(Stored items)
= = = = =

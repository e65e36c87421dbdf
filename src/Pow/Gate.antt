-- ===== src/Pow/Gate.antt =====
-- sentinel_pow.c: whom the dispatch lets past.
use nginx_http_sentinel_modu.Prelude.{
  ℕ, ◌<◌, ◌≡◌, ◌≢◌, refl, Bool, true, false, not, ◌++◌, Option, none, some, arith, ◌==◌, ◌||◌,
  length, Bytes, Bool-cases, inl, inr, ◌⊎◌,
}
use nginx_http_sentinel_modu.Nginx.{Rc, ok, error, done, declined, Request}
use nginx_http_sentinel_modu.Pow.{
  PowLib, PowConf, pow_challenge, meets_difficulty, check_cookie, get_nonce, answer_nonce,
  with_challenge, behind_cookie, pow_dispatch,
}

-- A nonce whose digest with the challenge has enough leading zero bits.
abbrev pub Solved : PowLib → PowConf → Request → ℕ → Type 0
Solved lib conf r now =
    (chal : Bytes) × (nonce : Bytes) × (pow_challenge lib conf r now ≡ some chal)
    × (get_nonce lib r ≡ some nonce)
    × (meets_difficulty (lib.sha256 (chal ++ nonce)) conf.difficulty ≡ true)

-- What lets a request past: a cookie or a solution, or that the page could not be allocated.
abbrev pub Past : PowLib → PowConf → Request → ℕ → Bool → Rc → Type 0
Past lib conf r now page rc =
    ((rc ≡ declined) × ((check_cookie lib conf r now ≡ ok) ⊎ Solved lib conf r now))
    ⊎ ((rc ≡ error) × (page ≡ false))

answer_nonce-Past :
    (lib : PowLib) (conf : PowConf) (r : Request) (now : ℕ) (alloc page : Bool) (chal : Bytes)
    (o : Option Bytes)
    → pow_challenge lib conf r now ≡ some chal
    → get_nonce lib r ≡ o
    → (answer_nonce lib conf r now alloc page chal o).rc ≢ done
    → Past lib conf r now page (answer_nonce lib conf r now alloc page chal o).rc
unfolding answer_nonce
answer_nonce-Past lib conf r now alloc true chal none e n h = absurd (h refl)
answer_nonce-Past lib conf r now alloc false chal none e n h = inr (refl, refl)
answer_nonce-Past lib conf r now alloc page chal (some x) e n h =
    elim (Bool-cases (meets_difficulty (lib.sha256 (chal ++ x)) conf.difficulty)) [
      | inl m ↦ rw m (inl (refl, inr (chal, x, e, n, m)))
      | inr m ↦ elim (Bool-cases page) [
        | inl p ↦ absurd (h (rw (m, p) refl))
        | inr p ↦ rw (m, p) (inr (refl, refl))
      ]
    ]

with_challenge-Past :
    (lib : PowLib) (conf : PowConf) (r : Request) (now : ℕ) (alloc page : Bool) (o : Option Bytes)
    → pow_challenge lib conf r now ≡ o
    → o ≢ none
    → (with_challenge lib conf r now alloc page o).rc ≢ done
    → Past lib conf r now page (with_challenge lib conf r now alloc page o).rc
unfolding with_challenge
with_challenge-Past lib conf r now alloc page none e c h = absurd (c refl)
with_challenge-Past lib conf r now alloc page (some chal) e c h =
    answer_nonce-Past lib conf r now alloc page chal (get_nonce lib r) e refl h

behind_cookie-Past :
    (lib : PowLib) (conf : PowConf) (r : Request) (now : ℕ) (alloc page : Bool) (rc : Rc)
    → check_cookie lib conf r now ≡ rc
    → pow_challenge lib conf r now ≢ none
    → (behind_cookie lib conf r now alloc page rc).rc ≢ done
    → Past lib conf r now page (behind_cookie lib conf r now alloc page rc).rc
unfolding behind_cookie
behind_cookie-Past lib conf r now alloc page rc e c h =
    elim rc
        as (λ x.
          check_cookie lib conf r now ≡ x
          → (behind_cookie lib conf r now alloc page x).rc ≢ done
          → Past lib conf r now page (behind_cookie lib conf r now alloc page x).rc) [
            | ok ↦ λ k g. inl (refl, inl k)
            | _ ↦ λ k g.
                with_challenge-Past lib conf r now alloc page (pow_challenge lib conf r now) refl c
                  g
          ]
      e h

-- With the challenge on and a secret set, a request for which a challenge can be computed and that
-- is not answered with NGX_DONE comes with a cookie that passes the check or with a solved
-- challenge, and the dispatch declines; or the buffer of the challenge page cannot be allocated, and
-- the dispatch returns NGX_ERROR.
pub pow_dispatch_closed :
    (lib : PowLib) (conf : PowConf) (r : Request) (now : ℕ) (alloc page : Bool)
    → conf.enabled ≡ true
    → 0 < length conf.secret
    → pow_challenge lib conf r now ≢ none
    → (pow_dispatch lib conf r now alloc page).rc ≢ done
    → Past lib conf r now page (pow_dispatch lib conf r now alloc page).rc
unfolding pow_dispatch
pow_dispatch_closed lib conf r now alloc page on s c h =
    let test : (not conf.enabled || length conf.secret == 0) ≡ false = ground arith in
    rw test (
      behind_cookie-Past lib conf r now alloc page (check_cookie lib conf r now) refl c
        (rw test at h))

= = = = =

ASSIGNMENT: Which lines run from the one containing "rc).rc ≢ done" to the end of the data? Output them exactly, with nothing added.

WRITTEN RESPONSE:
    → (behind_cookie lib conf r now alloc page rc).rc ≢ done
    → Past lib conf r now page (behind_cookie lib conf r now alloc page rc).rc
unfolding behind_cookie
behind_cookie-Past lib conf r now alloc page rc e c h =
    elim rc
        as (λ x.
          check_cookie lib conf r now ≡ x
          → (behind_cookie lib conf r now alloc page x).rc ≢ done
          → Past lib conf r now page (behind_cookie lib conf r now alloc page x).rc) [
            | ok ↦ λ k g. inl (refl, inl k)
            | _ ↦ λ k g.
                with_challenge-Past lib conf r now alloc page (pow_challenge lib conf r now) refl c
                  g
          ]
      e h

-- With the challenge on and a secret set, a request for which a challenge can be computed and that
-- is not answered with NGX_DONE comes with a cookie that passes the check or with a solved
-- challenge, and the dispatch declines; or the buffer of the challenge page cannot be allocated, and
-- the dispatch returns NGX_ERROR.
pub pow_dispatch_closed :
    (lib : PowLib) (conf : PowConf) (r : Request) (now : ℕ) (alloc page : Bool)
    → conf.enabled ≡ true
    → 0 < length conf.secret
    → pow_challenge lib conf r now ≢ none
    → (pow_dispatch lib conf r now alloc page).rc ≢ done
    → Past lib conf r now page (pow_dispatch lib conf r now alloc page).rc
unfolding pow_dispatch
pow_dispatch_closed lib conf r now alloc page on s c h =
    let test : (not conf.enabled || length conf.secret == 0) ≡ false = ground arith in
    rw test (
      behind_cookie-Past lib conf r now alloc page (check_cookie lib conf r now) refl c
        (rw test at h))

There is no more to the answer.